### WHAT TO DO
Read the data and repeat it in full, exactly.

### INFORMATION
_ _ _
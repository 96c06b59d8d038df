-- ===== src/Tests/Requests.antt =====
-- Requests with sessions, as src/auth/guards and the controllers answer them.
use Prim.Native.Char.{Char}
use Prim.Native.String.{◌++◌ as ◌++ˢ◌}
use aideep_backend.Common.{
  String, ◌≡◌, refl, Option, none, some, chars, text_of, strip, List, inl, false,
}
use aideep_backend.Auth.Guard.{Credentials, authenticate}
use aideep_backend.Auth.Service.{refresh}
use aideep_backend.Auth.Service.Sessions.{used}
use aideep_backend.Auth.Tokens.{Payload}
use aideep_backend.Http.Rights.{IsRefused, request-IsRefused}
use aideep_backend.Http.Routes as Routes
use aideep_backend.Http.Routes.{Codecs, Route, EditRoute, request}
use aideep_backend.Http.Sessions.{
  IsLive, request-unauthorized, request-logged_out, authenticate-query_token, authenticate-live,
}
use aideep_backend.Infra.Action.{returned, thrown}
use aideep_backend.Infra.Exception.{unauthorized}
use aideep_backend.Infra.Rows.Int.{ℤ}
use aideep_backend.Infra.World.{World}
use aideep_backend.Samples.Codec.{tokens, views, invitations}
use aideep_backend.Samples.Tables.{sample}
use aideep_backend.Samples.Worlds.{board}

abbrev pub codecs : Codecs ℤ
codecs = record { views = views; invitations = invitations }

-- the token of a header that begins with "Bearer "
abbrev as_text : Option (List Char) → Option String
as_text none = none
as_text (some l) = some (text_of l)

abbrev pub bearer : String → Option String
bearer header = as_text (strip (chars "Bearer ") (chars header))

abbrev vic : Payload
vic = record { user_name = "Vic"; email = "vic@example.org"; user_id = "vic"; is_master = false }

abbrev token : String
token = tokens.sign vic "15m" 1000

abbrev by_header : Credentials
by_header = record { authorization = some ("Bearer " ++ˢ token); query_token = none }

abbrev by_query : Credentials
by_query = record { authorization = none; query_token = some token }

vic-IsLive : IsLive sample tokens codecs bearer token vic board
vic-IsLive = record { valid = tokens.verify_sign vic "15m" 1000; clear = refl; answers = refl }

request-unauthorized_example :
    (text : String) × (request sample tokens codecs bearer
        (record { authorization = none; query_token = none })
        (Routes.edit "w" (Routes.delete_node "a"))
        board
      ≡ (thrown (unauthorized text), board))
request-unauthorized_example =
    request-unauthorized sample tokens codecs bearer
      (record { authorization = none; query_token = none })
      (Routes.edit "w" (Routes.delete_node "a")) board (inl refl)

-- Redis still has what the logout wrote
abbrev a_while_later : World sample
a_while_later = record board {
  redis = (request sample tokens codecs bearer by_header Routes.logout board).1.redis;
  now = 500000;
}

request-logged_out_example :
    let r = request sample tokens codecs bearer by_header Routes.logout board in
    (r.0 ≡ returned (Routes.message "로그아웃 성공"))
    × ((text : String) × (request sample tokens codecs bearer by_query Routes.get_me a_while_later
          ≡ (thrown (unauthorized text), a_while_later)))
    × (refresh sample tokens token r.1 ≡ (thrown (used sample tokens), r.1))
request-logged_out_example =
    request-logged_out sample tokens codecs bearer token vic board vic-IsLive ("Bearer " ++ˢ token)
      by_query Routes.get_me token vic a_while_later refl refl refl
      (tokens.verify_sign vic "15m" 1000) refl refl refl

authenticate-query_token_example :
    let r = request sample tokens codecs bearer by_query Routes.logout board in
    (r.0 ≡ returned (Routes.message "로그아웃 성공"))
    × (authenticate sample tokens bearer by_query r.1 ≡ (returned vic, r.1))
authenticate-query_token_example =
    authenticate-query_token sample tokens codecs bearer token vic board vic-IsLive
      (tokens.sign_nonempty vic "15m" 1000)

vic_session : authenticate sample tokens bearer by_query board ≡ (returned vic, board)
vic_session = authenticate-live sample tokens codecs bearer token vic board vic-IsLive by_query refl

request-IsRefused_example :
    IsRefused sample board
      (request sample tokens codecs bearer by_query (Routes.edit "w" (Routes.delete_node "a")))
request-IsRefused_example =
    request-IsRefused sample tokens codecs bearer by_query "w" (Routes.delete_node "a") vic board
      vic_session refl refl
_ _ _
### RESPONSE
repository 96c06b59d8d038df
-- ===== src/Tests/Requests.antt =====
-- Requests with sessions, as src/auth/guards and the controllers answer them.
use Prim.Native.Char.{Char}
use Prim.Native.String.{◌++◌ as ◌++ˢ◌}
use aideep_backend.Common.{
  String, ◌≡◌, refl, Option, none, some, chars, text_of, strip, List, inl, false,
}
use aideep_backend.Auth.Guard.{Credentials, authenticate}
use aideep_backend.Auth.Service.{refresh}
use aideep_backend.Auth.Service.Sessions.{used}
use aideep_backend.Auth.Tokens.{Payload}
use aideep_backend.Http.Rights.{IsRefused, request-IsRefused}
use aideep_backend.Http.Routes as Routes
use aideep_backend.Http.Routes.{Codecs, Route, EditRoute, request}
use aideep_backend.Http.Sessions.{
  IsLive, request-unauthorized, request-logged_out, authenticate-query_token, authenticate-live,
}
use aideep_backend.Infra.Action.{returned, thrown}
use aideep_backend.Infra.Exception.{unauthorized}
use aideep_backend.Infra.Rows.Int.{ℤ}
use aideep_backend.Infra.World.{World}
use aideep_backend.Samples.Codec.{tokens, views, invitations}
use aideep_backend.Samples.Tables.{sample}
use aideep_backend.Samples.Worlds.{board}

abbrev pub codecs : Codecs ℤ
codecs = record { views = views; invitations = invitations }

-- the token of a header that begins with "Bearer "
abbrev as_text : Option (List Char) → Option String
as_text none = none
as_text (some l) = some (text_of l)

abbrev pub bearer : String → Option String
bearer header = as_text (strip (chars "Bearer ") (chars header))

abbrev vic : Payload
vic = record { user_name = "Vic"; email = "vic@example.org"; user_id = "vic"; is_master = false }

abbrev token : String
token = tokens.sign vic "15m" 1000

abbrev by_header : Credentials
by_header = record { authorization = some ("Bearer " ++ˢ token); query_token = none }

abbrev by_query : Credentials
by_query = record { authorization = none; query_token = some token }

vic-IsLive : IsLive sample tokens codecs bearer token vic board
vic-IsLive = record { valid = tokens.verify_sign vic "15m" 1000; clear = refl; answers = refl }

request-unauthorized_example :
    (text : String) × (request sample tokens codecs bearer
        (record { authorization = none; query_token = none })
        (Routes.edit "w" (Routes.delete_node "a"))
        board
      ≡ (thrown (unauthorized text), board))
request-unauthorized_example =
    request-unauthorized sample tokens codecs bearer
      (record { authorization = none; query_token = none })
      (Routes.edit "w" (Routes.delete_node "a")) board (inl refl)

-- Redis still has what the logout wrote
abbrev a_while_later : World sample
a_while_later = record board {
  redis = (request sample tokens codecs bearer by_header Routes.logout board).1.redis;
  now = 500000;
}

request-logged_out_example :
    let r = request sample tokens codecs bearer by_header Routes.logout board in
    (r.0 ≡ returned (Routes.message "로그아웃 성공"))
    × ((text : String) × (request sample tokens codecs bearer by_query Routes.get_me a_while_later
          ≡ (thrown (unauthorized text), a_while_later)))
    × (refresh sample tokens token r.1 ≡ (thrown (used sample tokens), r.1))
request-logged_out_example =
    request-logged_out sample tokens codecs bearer token vic board vic-IsLive ("Bearer " ++ˢ token)
      by_query Routes.get_me token vic a_while_later refl refl refl
      (tokens.verify_sign vic "15m" 1000) refl refl refl

authenticate-query_token_example :
    let r = request sample tokens codecs bearer by_query Routes.logout board in
    (r.0 ≡ returned (Routes.message "로그아웃 성공"))
    × (authenticate sample tokens bearer by_query r.1 ≡ (returned vic, r.1))
authenticate-query_token_example =
    authenticate-query_token sample tokens codecs bearer token vic board vic-IsLive
      (tokens.sign_nonempty vic "15m" 1000)

vic_session : authenticate sample tokens bearer by_query board ≡ (returned vic, board)
vic_session = authenticate-live sample tokens codecs bearer token vic board vic-IsLive by_query refl

request-IsRefused_example :
    IsRefused sample board
      (request sample tokens codecs bearer by_query (Routes.edit "w" (Routes.delete_node "a")))
request-IsRefused_example =
    request-IsRefused sample tokens codecs bearer by_query "w" (Routes.delete_node "a") vic board
      vic_session refl refl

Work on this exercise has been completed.